- _WORK INSTRUCTION_
Begin with the line that holds "A) → P a → Q a)". Write out every line from there to the end of the listing below, word for word.
________
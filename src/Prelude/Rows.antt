-- ===== src/Prelude/Rows.antt =====
-- Rows read one by one by their index, where a read out of bounds panics, and lists cut by index.
use bsrs.Prelude.Tests.{ltb, ltb→lt, Bool-cases}
use bsrs.Prelude.Lists.{length, get_elem?, take, drop, All}
use Prim.Native.Nat.{ℕ, zero, suc, ◌+◌, ◌-◌, ◌<◌, ◌≤◌, min}
use mathlib.Core.Path.{subst, ◌≡◌, refl, sym, ap, ◌∙◌}
use mathlib.Core.Logic.{inl, inr}
use mathlib.Core.Bool.{false}
use mathlib.Core.Option.{Option, none, some, some-injective}
use mathlib.Core.List.{List, [], ◌∷◌, ◌++◌, map}
use native.Mathlib.Omega.{arith}

-- Two results appended, where both are there.
abbrev pub join {ℓ} : {A : Type ℓ} → Option (List A) → Option (List A) → Option (List A)
join none b = none
join (some xs) none = none
join (some xs) (some ys) = some (xs ++ ys)

abbrev pub prepend {ℓ} : {A : Type ℓ} → Option A → Option (List A) → Option (List A)
prepend none b = none
prepend (some x) none = none
prepend (some x) (some ys) = some (x ∷ ys)

-- `v[min(start, len)..min(stop, len)]`
abbrev pub slice {ℓ} : {A : Type ℓ} → ℕ → ℕ → List A → List A
slice start stop xs =
    take (min stop (length xs) - min start (length xs)) (drop (min start (length xs)) xs)

pub ltb-ge : (a b : ℕ) → ltb a b ≡ false → b ≤ a
ltb-ge a b h = ground arith

lo_in : (start i n : ℕ) → start + i < n → min start n ≡ start
lo_in start i n h = omega arith

suc_add : (a i : ℕ) → suc a + i ≡ a + suc i
suc_add a i = omega arith

module _ {ℓ} {A : Type ℓ} where
  -- `(a..a + n).map(f)`, where `none` is a panic.
  unfoldable pub rows : (ℕ → Option A) → ℕ → ℕ → Option (List A)
  rows f a zero = some []
  rows f a (suc n) = prepend (f a) (rows f (suc a) n)

  pub rows_congr :
      (f g : ℕ → Option A) (a b n : ℕ)
      → ((k : ℕ) → k < n → f (a + k) ≡ g (b + k))
      → rows f a n ≡ rows g b n
  unfolding rows
  rows_congr f g a b zero h = refl
  rows_congr f g a b (suc n) h =
      let h0 : f a ≡ g b = ap f (omega arith) ∙ h 0 (omega arith) ∙ ap g (omega arith) in
      let t : rows f (suc a) n ≡ rows g (suc b) n =
        rows_congr f g (suc a) (suc b) n
          (λ k l. ap f (omega arith) ∙ h (suc k) (omega arith) ∙ ap g (omega arith)) in
      rw h0 (rw t refl)

  pub join-prepend :
      (x : Option A) (b c : Option (List A)) → join (prepend x b) c ≡ prepend x (join b c)
  join-prepend none b c = refl
  join-prepend (some x) none c = refl
  join-prepend (some x) (some b) none = refl
  join-prepend (some x) (some b) (some c) = refl

  pub join_nil : (b : Option (List A)) → join (some []) b ≡ b
  join_nil none = refl
  join_nil (some b) = refl

  pub rows-append :
      (f : ℕ → Option A) (a m n : ℕ) → rows f a (m + n) ≡ join (rows f a m) (rows f (a + m) n)
  unfolding rows
  rows-append f a zero n =
      let e : 0 + n ≡ n = omega arith in
      let d : a + 0 ≡ a = omega arith in rw e (rw d (sym (join_nil (rows f a n))))
  rows-append f a (suc m) n =
      let e : suc m + n ≡ suc (m + n) = omega arith in
      let t : rows f (suc a) (m + n) ≡ join (rows f (suc a) m) (rows f (a + suc m) n) =
        rows-append f (suc a) m n ∙ ap (λ k. join (rows f (suc a) m) (rows f k n)) (omega arith) in
      rw e
        (ap (prepend (f a)) t ∙ sym (join-prepend (f a) (rows f (suc a) m) (rows f (a + suc m) n)))

  pub get_elem?-take : (n i : ℕ) (xs : List A) → i < n → get_elem? (take n xs) i ≡ get_elem? xs i
  get_elem?-take zero i xs h = absurd (omega arith)
  get_elem?-take (suc n) i [] h = refl
  get_elem?-take (suc n) zero (x ∷ xs) h = refl
  get_elem?-take (suc n) (suc i) (x ∷ xs) h = get_elem?-take n i xs (omega arith)

  pub get_elem?-drop : (n i : ℕ) (xs : List A) → get_elem? (drop n xs) i ≡ get_elem? xs (n + i)
  get_elem?-drop zero i xs = let e : 0 + i ≡ i = omega arith in rw e refl
  get_elem?-drop (suc n) i [] = refl
  get_elem?-drop (suc n) i (x ∷ xs) =
      let e : suc n + i ≡ suc (n + i) = omega arith in rw e (get_elem?-drop n i xs)

  pub get_elem?-past : (i : ℕ) (xs : List A) → length xs ≤ i → get_elem? xs i ≡ none
  get_elem?-past i [] h = refl
  get_elem?-past zero (x ∷ xs) h = absurd (omega arith)
  get_elem?-past (suc i) (x ∷ xs) h = get_elem?-past i xs (omega arith)

  pub length-take : (n : ℕ) (xs : List A) → length (take n xs) ≡ min n (length xs)
  length-take zero xs = omega arith
  length-take (suc n) [] = omega arith
  length-take (suc n) (x ∷ xs) = omega (arith, length-take n xs)

  pub length-drop : (n : ℕ) (xs : List A) → length (drop n xs) ≡ length xs - n
  length-drop zero xs = omega arith
  length-drop (suc n) [] = omega arith
  length-drop (suc n) (x ∷ xs) = omega (arith, length-drop n xs)

  pub length-slice :
      (start stop : ℕ) (xs : List A)
      → length (slice start stop xs) ≡ min stop (length xs) - min start (length xs)
  length-slice start stop xs =
      length-take (min stop (length xs) - min start (length xs)) (drop (min start (length xs)) xs)
      ∙ omega (arith, length-drop (min start (length xs)) xs)

  -- A slice keeps the places of its range.
  pub get_elem?-slice :
      (start stop i : ℕ) (xs : List A)
      → start + i < stop
      → get_elem? (slice start stop xs) i ≡ get_elem? xs (start + i)
  get_elem?-slice start stop i xs h =
      let n = length xs in
      elim (Bool-cases (ltb (start + i) (length xs))) [
        | inl e ↦
            get_elem?-take (min stop n - min start n) i (drop (min start n) xs)
              (omega (arith, ltb→lt (start + i) n e))
            ∙ get_elem?-drop (min start n) i xs
            ∙ rw (lo_in start i n (ltb→lt (start + i) n e)) refl
        | inr e ↦
            get_elem?-past i (slice start stop xs)
              (omega (arith, length-slice start stop xs, ltb-ge (start + i) n e))
            ∙ sym (get_elem?-past (start + i) xs (omega (arith, ltb-ge (start + i) n e)))
      ]

module _ {ℓ κ} {A : Type ℓ} {B : Type κ} where
  -- Two lists of one length, element against element.
  abbrev pub Pairwise : (A → B → Type 0) → List A → List B → Type 0
  Pairwise R [] [] = Unit
  Pairwise R [] (y ∷ ys) = ⊥
  Pairwise R (x ∷ xs) [] = ⊥
  Pairwise R (x ∷ xs) (y ∷ ys) = R x y × Pairwise R xs ys

  -- Reading by index the rows that stand at the places of a list.
  pub rows-Pairwise :
      (R : A → B → Type 0) (f : ℕ → Option B) (a : ℕ) (xs : List A)
      → ((i : ℕ) (x : A) → get_elem? xs i ≡ some x → (y : B) × (f (a + i) ≡ some y) × R x y)
      → (ys : List B) × (rows f a (length xs) ≡ some ys) × Pairwise R xs ys
  unfolding rows
  rows-Pairwise R f a [] h = ([], refl, tt)
  rows-Pairwise R f a (x ∷ xs) h =
      let (y, e, r) = h 0 x refl in
      let d : a + 0 ≡ a = omega arith in
      let e0 : f a ≡ some y = ap f (sym d) ∙ e in
      let (ys, e1, rs) = rows-Pairwise R f (suc a) xs (λ i z g. rw (suc_add a i) (h (suc i) z g)) in
      (y ∷ ys, rw e0 (rw e1 refl), (r, rs))

pub get_elem?-All {ℓ} :
    {B : Type ℓ} (P : B → Type 0) (i : ℕ) (x : B) (xs : List B)
    → All P xs
    → get_elem? xs i ≡ some x
    → P x
get_elem?-All P i x [] a h = absurd (ground (arith, h))
get_elem?-All P zero x (y ∷ xs) a h = subst P (some-injective _ _ h) a.0
get_elem?-All P (suc i) x (y ∷ xs) a h = get_elem?-All P i x xs a.1 h

pub get_elem?-map {ℓ κ} :
    {A : Type ℓ} {B : Type κ} (f : A → B) (i : ℕ) (x : A) (xs : List A)
    → get_elem? xs i ≡ some x
    → get_elem? (map f xs) i ≡ some (f x)
get_elem?-map f i x [] h = absurd (ground (arith, h))
get_elem?-map f zero x (y ∷ xs) h = ap (λ z. some (f z)) (some-injective _ _ h)
get_elem?-map f (suc i) x (y ∷ xs) h = get_elem?-map f i x xs h

pub All-map {ℓ κ} :
    {A : Type ℓ} {B : Type κ} (P : B → Type 0) (f : A → B) (xs : List A)
    → All (λ x. P (f x)) xs
    → All P (map f xs)
All-map P f [] h = tt
All-map P f (x ∷ xs) h = (h.0, All-map P f xs h.1)

pub All-weaken {ℓ κ μ} :
    {A : Type ℓ} (P : A → Type κ) (Q : A → Type μ)
    → ((a : A) → P a → Q a)
    → (xs : List A) → All P xs
    → All Q xs
All-weaken P Q f [] h = tt
All-weaken P Q f (x ∷ xs) h = (f x h.0, All-weaken P Q f xs h.1)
________
- _REPLY_
    → ((a : A) → P a → Q a)
    → (xs : List A) → All P xs
    → All Q xs
All-weaken P Q f [] h = tt
All-weaken P Q f (x ∷ xs) h = (f x h.0, All-weaken P Q f xs h.1)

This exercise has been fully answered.